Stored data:
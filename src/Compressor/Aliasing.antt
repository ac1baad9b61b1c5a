-- ===== src/Compressor/Aliasing.antt =====
-- The slice that a compressing method returns lies in a buffer which is back in the pool.
use go_reverse_rpc.Base.{
  ℕ, ◌+◌, ◌≤◌, ◌<◌, ◌≡◌, refl, sym, ap, subst, ◌∙◌, Bytes, arith, length, take, drop, List, [], ◌∷◌,
  ◌++◌, Bool-cases, inl, inr, leb, length-append, length-take_of_le, length-drop, take-take_of_le,
}
use mathlib.Core.Path.{ap₂, subst₂}
use go_reverse_rpc.Errors.{ok}
use go_reverse_rpc.Base.{some}
use go_reverse_rpc.Compressor.Buffers.{
  Buffer, Slice, Manager, overwrite, write, write_in_place, write_all, read_slice, get_buffer,
  take_buffer, put_buffer, reset, bytes,
}
use go_reverse_rpc.Compressor.Writes.{
  IsValid, InUse, write_all-Written, joined, content, update_self,
}
use go_reverse_rpc.Compressor.RoundTrip.{output, Lossless, compress_with-Compresses}
use go_reverse_rpc.Compressor.{Algorithm, apart, compress_with, Compressed}

length-overwrite_same :
    (n : ℕ) (chunk old : Bytes)
    → n + length chunk ≤ length old
    → length (overwrite n chunk old) ≡ length old
length-overwrite_same n chunk old h = omega (
  arith,
  length-append (take n old) (chunk ++ drop (n + length chunk) old),
  length-append chunk (drop (n + length chunk) old),
  length-take_of_le n old (omega arith),
  length-drop (n + length chunk) old,
)

-- Writes that fit stay in the array.
record Stays (buf : Buffer) (st : Manager) (n : ℕ) (buf' : Buffer) (st' : Manager) : Type 0 where
  same_array : buf'.array ≡ buf.array
  same_room : length (st'.arrays buf.array) ≡ length (st.arrays buf.array)
  advanced : buf'.len ≡ buf.len + n

write-Stays :
    (spare : ℕ) (chunk : Bytes) (buf : Buffer) (st : Manager)
    → buf.len + length chunk ≤ length (st.arrays buf.array)
    → let out = write spare chunk buf st in Stays buf st (length chunk) out.0 out.1
unfolding write write_in_place
write-Stays spare chunk buf st h =
    elim (Bool-cases (leb (buf.len + length chunk) (length (st.arrays buf.array)))) [
      | inl e ↦ rw e (record {
        same_array = refl;
        same_room =
            ap length (update_self st.arrays buf.array _)
            ∙ length-overwrite_same buf.len chunk (st.arrays buf.array) h;
        advanced = refl;
      })
      | inr e ↦ absurd (ground arith)
    ]

write_all-Stays :
    (spare : ℕ) (chunks : List Bytes) (buf : Buffer) (st : Manager)
    → buf.len + length (joined chunks) ≤ length (st.arrays buf.array)
    → let out = write_all spare chunks buf st in Stays buf st (length (joined chunks)) out.0 out.1
unfolding write_all
write_all-Stays spare [] buf st h = record {
  same_array = refl;
  same_room = refl;
  advanced = omega arith;
}
write_all-Stays spare (chunk ∷ chunks) buf st h =
    let (buf', st') = write spare chunk buf st in
    let total = length-append chunk (joined chunks) in
    let first = write-Stays spare chunk buf st (omega (arith, total)) in
    let room : length (st'.arrays buf'.array) ≡ length (st.arrays buf.array) =
      ap (λ (n : ℕ). length (st'.arrays n)) first.same_array ∙ first.same_room in
    let rest = write_all-Stays spare chunks buf' st' (omega (arith, total, room, first.advanced)) in
    record {
      same_array = rest.same_array ∙ first.same_array;
      same_room =
          ap (λ (n : ℕ). length ((write_all spare chunks buf' st').1.arrays n))
            (sym first.same_array)
          ∙ rest.same_room
          ∙ room;
      advanced = omega (arith, total, first.advanced, rest.advanced);
    }

-- The buffer and the heap after both rows of writes.
filled : Algorithm → Bytes → Buffer → Manager → Buffer × Manager
filled a c buf st =
    let (buf', st') = write_all a.spare (a.write_chunks (apart c)) (reset buf) st in
    write_all a.spare (a.close_chunks (apart c)) buf' st'

compress_with-filled :
    (a : Algorithm) (c : Bytes) (st : Manager)
    → Lossless a
    → let (buf, st') = filled a c (get_buffer st).0 (get_buffer st).1 in
      compress_with a (apart c) st ≡ (ok (some (bytes buf)), put_buffer buf st')
unfolding compress_with filled
compress_with-filled a c st l = ground (arith, l.writes c, l.closes c)

-- Output that fits into the array of a buffer is left there.
filled-reuses :
    (a : Algorithm) (c : Bytes) (buf : Buffer) (st : Manager)
    → buf.array < st.next
    → length (output a c) ≤ length (st.arrays buf.array)
    → take (length (output a c)) ((filled a c buf st).1.arrays buf.array) ≡ output a c
unfolding filled reset
filled-reuses a c buf st h fits =
    let (buf₂, st₂) = write_all a.spare (a.write_chunks (apart c)) (reset buf) st in
    let total =
      length-append (joined (a.write_chunks (apart c))) (joined (a.close_chunks (apart c))) in
    let ready : InUse (reset buf) st = record { allocated = h; fits = omega arith } in
    let first = write_all-Written a.spare (a.write_chunks (apart c)) (reset buf) st ready in
    let second = write_all-Written a.spare (a.close_chunks (apart c)) buf₂ st₂ first.in_use in
    let stay =
      write_all-Stays a.spare (a.write_chunks (apart c)) (reset buf) st (omega (arith, total)) in
    let room : length (st₂.arrays buf₂.array) ≡ length (st.arrays buf.array) =
      ap (λ (n : ℕ). length (st₂.arrays n)) stay.same_array ∙ stay.same_room in
    let stay₂ =
      write_all-Stays a.spare (a.close_chunks (apart c)) buf₂ st₂
        (omega (arith, total, room, stay.advanced)) in
    let out = filled a c buf st in
    let same : out.0.array ≡ buf.array = stay₂.same_array ∙ stay.same_array in
    let len : out.0.len ≡ length (output a c) =
      omega (arith, total, stay.advanced, stay₂.advanced) in
    let holds : content out.0 out.1 ≡ output a c =
      second.appended ∙ ap (λ (b : Bytes). b ++ joined (a.close_chunks (apart c))) first.appended in
    subst₂ (λ n x. take n (out.1.arrays x) ≡ output a c) len same holds

put-compress_with :
    (a : Algorithm) (d : Bytes) (buf : Buffer) (st : Manager) (k : ℕ)
    → Lossless a
    → buf.array < st.next
    → k ≤ length (output a d)
    → length (output a d) ≤ length (st.arrays buf.array)
    → take k ((compress_with a (apart d) (put_buffer buf st)).1.arrays buf.array)
      ≡ take k (output a d)
unfolding put_buffer get_buffer take_buffer
put-compress_with a d buf st k l h shorter fits =
    rw (compress_with-filled a d (put_buffer buf st) l) (
      sym (take-take_of_le k (length (output a d)) ((filled a d buf st).1.arrays buf.array) shorter)
      ∙ ap (take k) (filled-reuses a d buf st h fits))

-- Two compressions in a row with one package that keeps its contract, over a valid pool, of content
-- apart from the buffers that they write to. If the second output is no shorter than the first
-- slice and fits into the array of that slice, then after the second compression the first slice
-- reads as the start of the second output.
pub compress_with-overwrites :
    (a : Algorithm) (c d : Bytes) (st st' : Manager) (slice : Slice)
    → Lossless a
    → IsValid st
    → compress_with a (apart c) st ≡ (ok (some slice), st')
    → slice.len ≤ length (output a d)
    → length (output a d) ≤ length (st'.arrays slice.array)
    → read_slice slice (compress_with a (apart d) st').1 ≡ take slice.len (output a d)
unfolding put_buffer read_slice bytes
compress_with-overwrites a c d st st' slice l v e shorter fits =
    let (buf, base) = filled a c (get_buffer st).0 (get_buffer st).1 in
    let same = sym e ∙ compress_with-filled a c st l in
    let good = compress_with-Compresses a c st l v in
    let valid : IsValid (put_buffer buf base) =
      subst IsValid
        (ap (λ (p : Compressed × Manager). p.1) (sym good.result ∙ compress_with-filled a c st l))
        good.valid in
    let at_slice : slice ≡ bytes buf = cc in
    let at_st : st' ≡ put_buffer buf base = ap (λ (p : Compressed × Manager). p.1) same in
    let len : slice.len ≡ buf.len = ap (λ (x : Slice). x.len) at_slice in
    let room : length (st'.arrays slice.array) ≡ length (base.arrays buf.array) =
      ap₂ (λ (x : Slice) (m : Manager). length (m.arrays x.array)) at_slice at_st in
    subst₂
      (λ (x : Slice) (m : Manager).
        read_slice x (compress_with a (apart d) m).1 ≡ take x.len (output a d))
      (sym at_slice) (sym at_st)
      (put-compress_with a d buf base buf.len l valid.0 (omega arith) (omega arith))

* _EXERCISE DIRECTIONS_
Copy all lines above containing the string "Aliasing".

* _OUTPUT_
filename src/Compressor/Aliasing.antt
-- ===== src/Compressor/Aliasing.antt =====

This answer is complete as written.